Par la suite, avec un pied dans chaque pays, et une tête souvent ailleurs, mes cercles se sont élargis : la base c’est le cercle familial. Ajoutons à cela le cercle amical/ amoureux, le cercle des connaissances, le cercle fiesta, le cercle de la danse, le cercle qui cherche son statut…bref, la VIE version « je connais trop de monde et je veux être sur tous les fronts», qui prenait une énergie folle et qui était surtout inutile..

Doucement mais sûrement, ma manière de voir les relations a évolué vers quelque chose de moins soutenu : J’ai lâché prise pour laisser mes relations aller et venir à leur gré, pour les vivre, au jour le jour, sans historique à maintenir au nom de je ne sais quelle règle stupide. Je peux passer 30 mn avec un inconnu dans la rue et ça va être un moment que je n’oublierai jamais et entretenir cette amitié précieuse qui dure depuis quelques années. Je ne compare pas les deux, il n y a pas d’échelle d’importance, c’est juste complètement différent et ça m’apporte tout autant. Je n’ai pas à choisir. Je ne peux pas.

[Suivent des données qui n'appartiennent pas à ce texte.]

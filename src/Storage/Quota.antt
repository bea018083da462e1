-- ===== src/Storage/Quota.antt =====
-- The room for uploads on the disk, storage/src/routes/upload.rs: one counter of bytes, `used`, that all
-- uploads share, and the bytes that each has reserved. The counter is an AtomicU64.
pub mod Steps
pub mod Rescan
use sc_desktop_beautiful.Prelude.{
  Bool, Option, false, if◌then◌else◌, leb, ltb, none, some, true, ℕ, ◌+◌, ◌-◌, ◌%◌, not,
}

-- `2 ^ 64`
abbrev pub word : ℕ
word = 18446744073709551616

-- `TMP_RESCAN_COOLDOWN`, in seconds.
abbrev pub tmp_rescan_cooldown : ℕ
tmp_rescan_cooldown = 5

unfoldable pub saturating_add : ℕ → ℕ → ℕ
saturating_add a b = if leb word (a + b) then word - 1 else a + b

unfoldable pub fetch_add : ℕ → ℕ → ℕ
fetch_add used n = (used + n) % word

unfoldable pub fetch_sub : ℕ → ℕ → ℕ
fetch_sub used n = (used + (word - n)) % word

-- The first half of `TmpReservation::try_add`, which is one step for the others: whether there is
-- room, the counter, and what the upload has reserved.
unfoldable pub reserve : Option ℕ → ℕ → ℕ → ℕ → Bool × ℕ × ℕ
reserve none n used bytes = (true, used, saturating_add bytes n)
reserve (some limit) n used bytes =
    if ltb limit (saturating_add used n)
    then (false, fetch_add used n, bytes)
    else (true, fetch_add used n, saturating_add bytes n)

-- The second half, where there was no room.
unfoldable pub backed_off : ℕ → Bool × ℕ × ℕ → Bool × ℕ × ℕ
backed_off n (true, used, bytes) = (true, used, bytes)
backed_off n (false, used, bytes) = (false, fetch_sub used n, bytes)

unfoldable pub try_add : Option ℕ → ℕ → ℕ → ℕ → Bool × ℕ × ℕ
try_add limit n used bytes = backed_off n (reserve limit n used bytes)

-- `Drop for TmpReservation`
unfoldable pub release : Option ℕ → ℕ → ℕ → ℕ
release none bytes used = used
release (some limit) bytes used = if ltb 0 bytes then fetch_sub used bytes else used

-- What the scan of the disk found, if it did not fail. Gives the counter and the time of the scan.
unfoldable pub rescanned : Option ℕ → ℕ → ℕ → ℕ × ℕ
rescanned none now used = (used, now)
rescanned (some disk) now used =
    if ltb disk used then (fetch_sub used (used - disk), now) else (used, now)

-- `free` is whether no other upload is scanning, and `last` when the last scan was.
unfoldable pub rescan_tmp_usage : Bool → ℕ → ℕ → Option ℕ → ℕ → ℕ × ℕ
rescan_tmp_usage free last now disk used =
    if not free
    then (used, last)
    else if ltb (now - last) tmp_rescan_cooldown
    then (used, last)
    else rescanned disk now used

On a tous autour de nous quelqu’un qui nous reproche de ne pas l’appeler assez souvent, ou un autre qui estime que si on ne partage pas chaque détail du quotidien, c’est qu’on ne fait pas assez confiance. La liste des règles de chacun est tellement longue. Personne n’a tort, personne n’a raison. Il suffit d’aller là où on est le mieux.

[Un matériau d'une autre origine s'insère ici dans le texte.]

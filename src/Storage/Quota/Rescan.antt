-- ===== src/Storage/Quota/Rescan.antt =====
-- A scan of the disk while an upload is on its way, storage/src/routes/upload.rs.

Ça ne m’est pas tombé du ciel comme une révélation : J’ai expérimenté un peu chaque forme de relation. Le call quotidien, le trop proche, le trop loin, le trop distant, le très précis, le très confus et chaque humain a éclairé ma lanterne sur ce que je pouvais être et ce que je ne pouvais pas être. J’ai modelé jusque conscientiser ce qui m’allait sans offenser l’autre. Trouver l’équilibre. Sans imposer. Sans ignorer. Une balance.

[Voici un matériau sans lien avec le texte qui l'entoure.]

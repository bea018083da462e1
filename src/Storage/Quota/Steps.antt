-- ===== src/Storage/Quota/Steps.antt =====
-- The uploads that share the counter, storage/src/routes/upload.rs, in steps that come in any order.
use sc_desktop_beautiful.Prelude.{
  Bool, List, [], arith, false, if-cases, inl, inr, ltb, some, true, ℕ, ◌+◌, ◌++◌, ◌<◌, ◌∷◌, ◌≡◌,
  ◌≤◌, ◌⊎◌,
}
use sc_desktop_beautiful.Storage.Quota.{
  backed_off, fetch_add, fetch_sub, release, reserve, saturating_add, word,
}

-- An upload has reserved some bytes, and may be about to give back `n` more.
pub data Upload : Type 0 where
  holding : ℕ → Upload
  trying : ℕ → ℕ → Upload

pub record Counter : Type 0 where
  pub used : ℕ
  pub uploads : List Upload

abbrev pub tried : ℕ → Bool × ℕ × ℕ → Upload
tried n (true, used, bytes) = holding bytes
tried n (false, used, bytes) = trying bytes n

-- One step of one upload. The bytes in flight do not overflow the counter.
pub data Step (limit : ℕ) : Counter → Counter → Type 0 where
  opens :
      (used : ℕ) (xs : List Upload)
      → Step limit
          (record { used = used; uploads = xs })
          (record { used = used; uploads = holding 0 ∷ xs })
  adds :
      (used n bytes : ℕ) (xs ys : List Upload)
      → used + n < word
      → Step limit
          (record { used = used; uploads = xs ++ (holding bytes ∷ ys) })
          (record {
            used = (reserve (some limit) n used bytes).1;
            uploads = xs ++ (tried n (reserve (some limit) n used bytes) ∷ ys);
          })
  backs_off :
      (used n bytes : ℕ) (xs ys : List Upload)
      → Step limit
          (record { used = used; uploads = xs ++ (trying bytes n ∷ ys) })
          (record {
            used = (backed_off n (false, used, bytes)).1;
            uploads = xs ++ (holding bytes ∷ ys);
          })
  drops :
      (used bytes : ℕ) (xs ys : List Upload)
      → Step limit
          (record { used = used; uploads = xs ++ (holding bytes ∷ ys) })
          (record { used = release (some limit) bytes used; uploads = xs ++ ys })

pub data Steps (limit : ℕ) (c : Counter) : Counter → Type 0 where
  none_yet : Steps limit c c
  then_step : {d e : Counter} → Steps limit c d → Step limit d e → Steps limit c e

abbrev pub reserved : Upload → ℕ
reserved (holding b) = b
reserved (trying b n) = b

abbrev pub in_flight : Upload → ℕ
in_flight (holding b) = 0
in_flight (trying b n) = n

abbrev pub total : (Upload → ℕ) → List Upload → ℕ
total f [] = 0
total f (u ∷ us) = f u + total f us

-- The sum with an upload between two others.
total-between :
    (f : Upload → ℕ) (xs : List Upload) (u : Upload) (ys : List Upload)
    → total f (xs ++ (u ∷ ys)) ≡ total f (xs ++ ys) + f u
total-between f [] u ys = omega arith
total-between f (x ∷ xs) u ys = omega (arith, total-between f xs u ys)

fetch_add_small : (used n : ℕ) → used + n < word → fetch_add used n ≡ used + n
unfolding fetch_add
fetch_add_small used n h = omega arith

fetch_sub_small : (used n : ℕ) → n ≤ used → used < word → fetch_sub used n + n ≡ used
unfolding fetch_sub
fetch_sub_small used n h b = omega arith

saturating_add_small : (a b : ℕ) → a + b < word → saturating_add a b ≡ a + b
unfolding saturating_add
saturating_add_small a b h = ground arith

-- The counter is what was on the disk at the start, `left`, and what the uploads have taken of it. What
-- they have reserved is within the limit.
pub record IsBalanced (limit left : ℕ) (c : Counter) : Type 0 where
  pub balance : c.used ≡ left + total reserved c.uploads + total in_flight c.uploads
  pub below : c.used < word
  pub within : total reserved c.uploads ≤ limit

data Fits (limit n used bytes : ℕ) : Bool × ℕ × ℕ → Type 0 where
  room : used + n ≤ limit → Fits limit n used bytes (true, used + n, bytes + n)
  full : Fits limit n used bytes (false, used + n, bytes)

reserve-Fits :
    (limit n used bytes : ℕ)
    → used + n < word
    → bytes ≤ used
    → Fits limit n used bytes (reserve (some limit) n used bytes)
unfolding reserve
reserve-Fits limit n used bytes h b =
    rw
      (
        fetch_add_small used n h,
        saturating_add_small used n h,
        saturating_add_small bytes n (omega (arith, b, h)),
      )
      (if-cases (Fits limit n used bytes) (ltb limit (used + n)) _ _ (λ _. full)
        λ e. room (ground arith))

module _ (limit left : ℕ) where
  -- An upload is put in the place of another one between the others.
  replaced :
      {used : ℕ} (u : Upload) (used' : ℕ) (v : Upload) (xs ys : List Upload)
      → used' + (reserved u + in_flight u) ≡ used + (reserved v + in_flight v)
      → used' < word
      → (reserved v ≤ reserved u) ⊎ (used' ≤ limit)
      → IsBalanced limit left (record { used = used; uploads = xs ++ (u ∷ ys) })
      → IsBalanced limit left (record { used = used'; uploads = xs ++ (v ∷ ys) })
  replaced u used' v xs ys e b w h =
      let ru = total-between reserved xs u ys in
      let rv = total-between reserved xs v ys in
      let fu = total-between in_flight xs u ys in
      let fv = total-between in_flight xs v ys in
      let balance : used'
          ≡ left + total reserved (xs ++ (v ∷ ys)) + total in_flight (xs ++ (v ∷ ys)) =
        omega (arith, h.balance, e, ru, rv, fu, fv) in
      record {
        balance = balance;
        below = b;
        within = elim w [
          | inl less ↦ omega (arith, less, h.within, ru, rv)
          | inr z ↦ omega (arith, z, balance)
        ];
      }

  added :
      (used n bytes : ℕ) (xs ys : List Upload) (r : Bool × ℕ × ℕ)
      → used + n < word
      → Fits limit n used bytes r
      → IsBalanced limit left (record { used = used; uploads = xs ++ (holding bytes ∷ ys) })
      → IsBalanced limit left (record { used = r.1; uploads = xs ++ (tried n r ∷ ys) })
  added used n bytes xs ys r b (room w) h =
      replaced (holding bytes) (used + n) (holding (bytes + n)) xs ys (omega arith) b (inr w) h
  added used n bytes xs ys r b full h =
      replaced (holding bytes) (used + n) (trying bytes n) xs ys (omega arith) b (inl (omega arith))
        h

  step-IsBalanced :
      {c d : Counter} → Step limit c d → IsBalanced limit left c → IsBalanced limit left d
  unfolding backed_off release
  step-IsBalanced (opens used xs) h = record {
    balance = omega (arith, h.balance);
    below = h.below;
    within = omega (arith, h.within);
  }
  step-IsBalanced (adds used n bytes xs ys r) h =
      added used n bytes xs ys _ r
        (reserve-Fits limit n used bytes r
          (omega (arith, h.balance, total-between reserved xs (holding bytes) ys)))
        h
  step-IsBalanced (backs_off used n bytes xs ys) h =
      let back : fetch_sub used n + n ≡ used =
        fetch_sub_small used n
          (omega (arith, h.balance, total-between in_flight xs (trying bytes n) ys)) h.below in
      replaced (trying bytes n) (fetch_sub used n) (holding bytes) xs ys (omega (arith, back))
        (omega (arith, back, h.below)) (inl (omega arith)) h
  step-IsBalanced (drops used bytes xs ys) h =
      let r = total-between reserved xs (holding bytes) ys in
      let f = total-between in_flight xs (holding bytes) ys in
      let back : fetch_sub used bytes + bytes ≡ used =
        fetch_sub_small used bytes (omega (arith, h.balance, r)) h.below in
      if-cases (λ u. IsBalanced limit left (record { used = u; uploads = xs ++ ys })) (ltb 0 bytes)
        _ _
        (λ _. record {
          balance = omega (arith, h.balance, r, f, back);
          below = omega (arith, h.below, back);
          within = omega (arith, h.within, r);
        })
        (λ e.
          let z : bytes ≡ 0 = ground arith in
          record {
            balance = omega (arith, h.balance, r, f, z);
            below = h.below;
            within = omega (arith, h.within, r);
          })

  -- At the start no upload is there, and the counter is what is on the disk.
  pub Steps-IsBalanced :
      {d : Counter}
      → left < word
      → Steps limit (record { used = left; uploads = [] }) d
      → IsBalanced limit left d
  Steps-IsBalanced b none_yet = record { balance = omega arith; below = b; within = omega arith }
  Steps-IsBalanced b (then_step before s) = step-IsBalanced s (Steps-IsBalanced b before)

Même en trouvant mon modèle, j’évolue dans une société : toute nouvelle rencontre est une nouvelle observation, un nouveau terrain de jeu. J’ai par exemple adoré découvrir cette sensation d’affectionner une personne qu’on ne voit que rarement : être lucide, savoir que se voir souvent n’est juste pas possible, sans empêcher l’entrain du moment. Ni le fausser. Et surtout, ne pas feindre le «  on doit se voir plus souvent » ou le « je t’appelle bientôt ». Non, je t’apprécie, on passe un très bon moment, mais on ne s’appellera pas, on n’a pas besoin de la petite comédie de fin. Les moments sans suite ont AUSSI leur importance. Et les déguster est tellement agréable.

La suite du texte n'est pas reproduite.